O sufixo latino oides em nomes botânicos como platanoides ou Nymphoides deve ler-se como «semelhante a»: o bordo-da-Noruega (Acer platanoides) é semelhante ao plátano, e o golfinho (Nymphoides peltata) é semelhante ao golfão (Nympahea sp.). Essa semelhança, contudo, é simplesmente a opinião de quem baptizou a planta, e pode parecer forçada a outros olhos. Apesar de haver livros que afirmam o contrário, as flores da Nymphoides e da Nymphaea têm de facto pouquíssimas parecenças, e tanto assim é que as duas pertencem a famílias botânicas evolutivamente muito afastadas. Afinidade há é nas folhas arredondadas que, em ambas as plantas, formam extensos tapetes flutuantes.

O género Nymphoides tem uma distribuição cosmopolita, e é formado por vinte espécies que vivem em águas paradas e pouco profundas. São plantas rizomatosas, com caules submersos que podem ultrapassar os dois metros de comprimento, e flores pequenas (2 cm), brancas ou amarelas, de pétalas franjadas, em hastes que se erguem acima da superfície da água.

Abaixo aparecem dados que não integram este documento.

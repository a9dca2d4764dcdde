-- ===== src/Parser/Filling.antt =====
-- `ReadDataIsAvailable` over a transport that keeps its contract: it moves what has arrived, and no
-- more than is needed, from the transport to the end of what the buffer already holds.
use Prim.Native.Nat.{min}
use ipc_portable.Common.{
  ℕ, zero, suc, ◌+◌, ◌-◌, ◌≤◌, ◌≡◌, refl, sym, ap, ◌∙◌, ◌⊎◌, inl, inr, Option, none, some, List, [],
  ◌∷◌, ◌++◌, append_assoc, append-nil, arith, length, length-append, length-take, length-drop, take,
  drop, take-append_left, ltb, ◌==◌, Bool-cases, IsU32, sub32,
}
use ipc_portable.Transport.{TransportCopy, IsQueue}
use ipc_portable.Parser.{
  ReadDataStatus, available, nodata, ReadOutcome, place, read_data_is_available,
}

module _ {ℓ} {A : Type ℓ} where
  pub take-min : (m n : ℕ) (xs : List A) → m ≡ min n (length xs) → take m xs ≡ take n xs
  take-min zero zero xs e = refl
  take-min zero (suc n) [] e = refl
  take-min zero (suc n) (x ∷ xs) e = absurd (omega arith)
  take-min (suc m) zero xs e = absurd (omega arith)
  take-min (suc m) (suc n) [] e = absurd (omega arith)
  take-min (suc m) (suc n) (x ∷ xs) e = ap (◌∷◌ x) (take-min m n xs (omega arith))

  pub drop-min : (m n : ℕ) (xs : List A) → m ≡ min n (length xs) → drop m xs ≡ drop n xs
  drop-min zero zero xs e = refl
  drop-min zero (suc n) [] e = refl
  drop-min zero (suc n) (x ∷ xs) e = absurd (omega arith)
  drop-min (suc m) zero xs e = absurd (omega arith)
  drop-min (suc m) (suc n) [] e = absurd (omega arith)
  drop-min (suc m) (suc n) (x ∷ xs) e = drop-min m n xs (omega arith)

pub overlay_list : List ℕ → ℕ → List ℕ → List ℕ
overlay_list buffer pos bytes = take pos buffer ++ (bytes ++ drop (pos + length bytes) buffer)

module _ (t : TransportCopy) (q : IsQueue t) where
  -- What the call leaves behind. `pos` is where the buffer is filled up to.
  pub record Fills (buffer : List ℕ) (pos need : ℕ) (queue : List ℕ) (o : ReadOutcome t.State)
      : Type 0 where
    pub took : (o.status ≡ available) ⊎ ((o.status ≡ nodata) × (o.need_size ≡ need))
    pub filled : take (pos + need - o.need_size) o.buffer ≡ take pos buffer ++ take need queue
    pub size : length o.buffer ≡ length buffer
    pub need_lem : o.need_size ≡ need - length queue
    pub rest : q.queued o.transport ≡ drop need queue

  -- Nothing is moved: the queue is empty, or nothing is needed.
  Fills-idle :
      (status : ReadDataStatus) (buffer : List ℕ) (pos need : ℕ) (s : t.State)
      → (status ≡ available) ⊎ ((status ≡ nodata) × (need ≡ need))
      → min need (length (q.queued s)) ≡ 0
      → Fills buffer pos need
          (q.queued s)
          (record { status = status; buffer = buffer; need_size = need; transport = s })
  Fills-idle status buffer pos need s st e = record {
    took = st;
    filled =
        let p : pos + need - need ≡ pos = omega arith in
        rw (p, ← take-min 0 need (q.queued s) (sym e)) (sym (append-nil (take pos buffer)));
    size = refl;
    need_lem = omega arith;
    rest = drop-min 0 need (q.queued s) (sym e);
  }

  Fills-moved :
      (buffer : List ℕ) (pos need n : ℕ) (s : t.State)
      → pos + need ≤ length buffer
      → IsU32 need
      → n ≡ min need (length (q.queued s))
      → Fills buffer pos need (q.queued s) (record {
        status = available;
        buffer = overlay_list buffer pos (take n (q.queued s));
        need_size = sub32 need n;
        transport = (t.read n s).1;
      })
  unfolding overlay_list
  Fills-moved buffer pos need n s room small e = record {
    took = inl refl;
    filled =
        ap (take (pos + need - sub32 need n)) (
          sym (
            append_assoc (take pos buffer) (take n queue)
              (drop (pos + length (take n queue)) buffer)))
        ∙ take-append_left (pos + need - sub32 need n) (take pos buffer ++ take n queue) _ (
            omega (
              arith,
              taken,
              length-append (take pos buffer) (take n queue),
              length-take pos buffer,
            ))
        ∙ ap (◌++◌ (take pos buffer)) (take-min n need queue e);
    size = omega (
      arith,
      taken,
      length-append (take pos buffer) (take n queue ++ drop (pos + length (take n queue)) buffer),
      length-append (take n queue) (drop (pos + length (take n queue)) buffer),
      length-take pos buffer,
      length-drop (pos + length (take n queue)) buffer,
    );
    need_lem = omega arith;
    rest = q.read_queue_lem n s (omega arith) ∙ drop-min n need queue e;
  }
    where
      queue : List ℕ
      queue = q.queued s

      taken : length (take n queue) ≡ n
      taken = omega (arith, length-take n queue)

  place-some :
      (buffer : List ℕ) (pos need n : ℕ) (bytes : List ℕ) (r : Option (List ℕ) × t.State)
      → r.0 ≡ some bytes
      → pos + length bytes ≤ length buffer
      → place t buffer pos need n r
        ≡ some (record {
          status = available;
          buffer = overlay_list buffer pos bytes;
          need_size = sub32 need n;
          transport = r.1;
        })
  unfolding place overlay_list
  place-some buffer pos need n bytes (none, s) e room = cc
  place-some buffer pos need n bytes (some bs, s) e room = ground arith

  -- The call succeeds, and fills the buffer from where it was filled up to.
  pub read_data_is_available-Fills :
      (buffer : List ℕ) (start total need : ℕ) (s : t.State)
      → need ≤ total
      → IsU32 total
      → start + total ≤ length buffer
      → (o : ReadOutcome t.State) × (read_data_is_available t buffer start total need s ≡ some o)
        × Fills buffer (start + (total - need)) need (q.queued s) o
  unfolding read_data_is_available
  read_data_is_available-Fills buffer start total need s le small room =
      rw (q.available_lem s) (elim (Bool-cases (ltb 0 (length (q.queued s)))) [
        | inr empty ↦
            (_, rw empty, Fills-idle nodata buffer pos need s (inr (refl, refl)) (ground arith))
        | inl some_bytes ↦ elim (Bool-cases (n == 0)) [
          | inl none_needed ↦ (
            _,
            rw (some_bytes, none_needed),
            Fills-idle available buffer pos need s (inl refl) (ground arith),
          )
          | inr moves ↦ (
            _,
            rw (some_bytes, moves) moved,
            Fills-moved buffer pos need n s (omega arith) (omega arith) refl,
          )
        ]
      ])
    where
      n : ℕ
      n = min need (length (q.queued s))

      pos : ℕ
      pos = start + (total - need)

      moved :
          place t buffer (start + sub32 total need) need n (t.read n s)
          ≡ some (record {
            status = available;
            buffer = overlay_list buffer pos (take n (q.queued s));
            need_size = sub32 need n;
            transport = (t.read n s).1;
          })
      moved =
          let e : start + sub32 total need ≡ pos = omega arith in
          let len : length (take n (q.queued s)) ≡ n = omega (arith, length-take n (q.queued s)) in
          rw e (
            place-some buffer pos need n (take n (q.queued s)) (t.read n s)
              (q.read_bytes_lem n s (omega arith)) (omega arith))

Asseveram os manuais que a Nymphoides peltata, planta perene euro-asiática tida nos E.U.A. como invasora indesejável, é também nativa do norte e centro do nosso território. Nunca nos aconteceu encontrá-la nos nossos espaços naturais, mas, como planta cultivada e vendida em hortos, não deverá ser assim tão rara em jardins. A acompanhá-la, na foto em cima, tirada em Inglaterra no Verão passado, vemos lentilhas-de-água (Lemna gibba), uma planta curiosa que faz com que todo o lago pareça uma sopa bem nutritiva. Coisa que ela até é, embora mais para peixes do que para pessoas.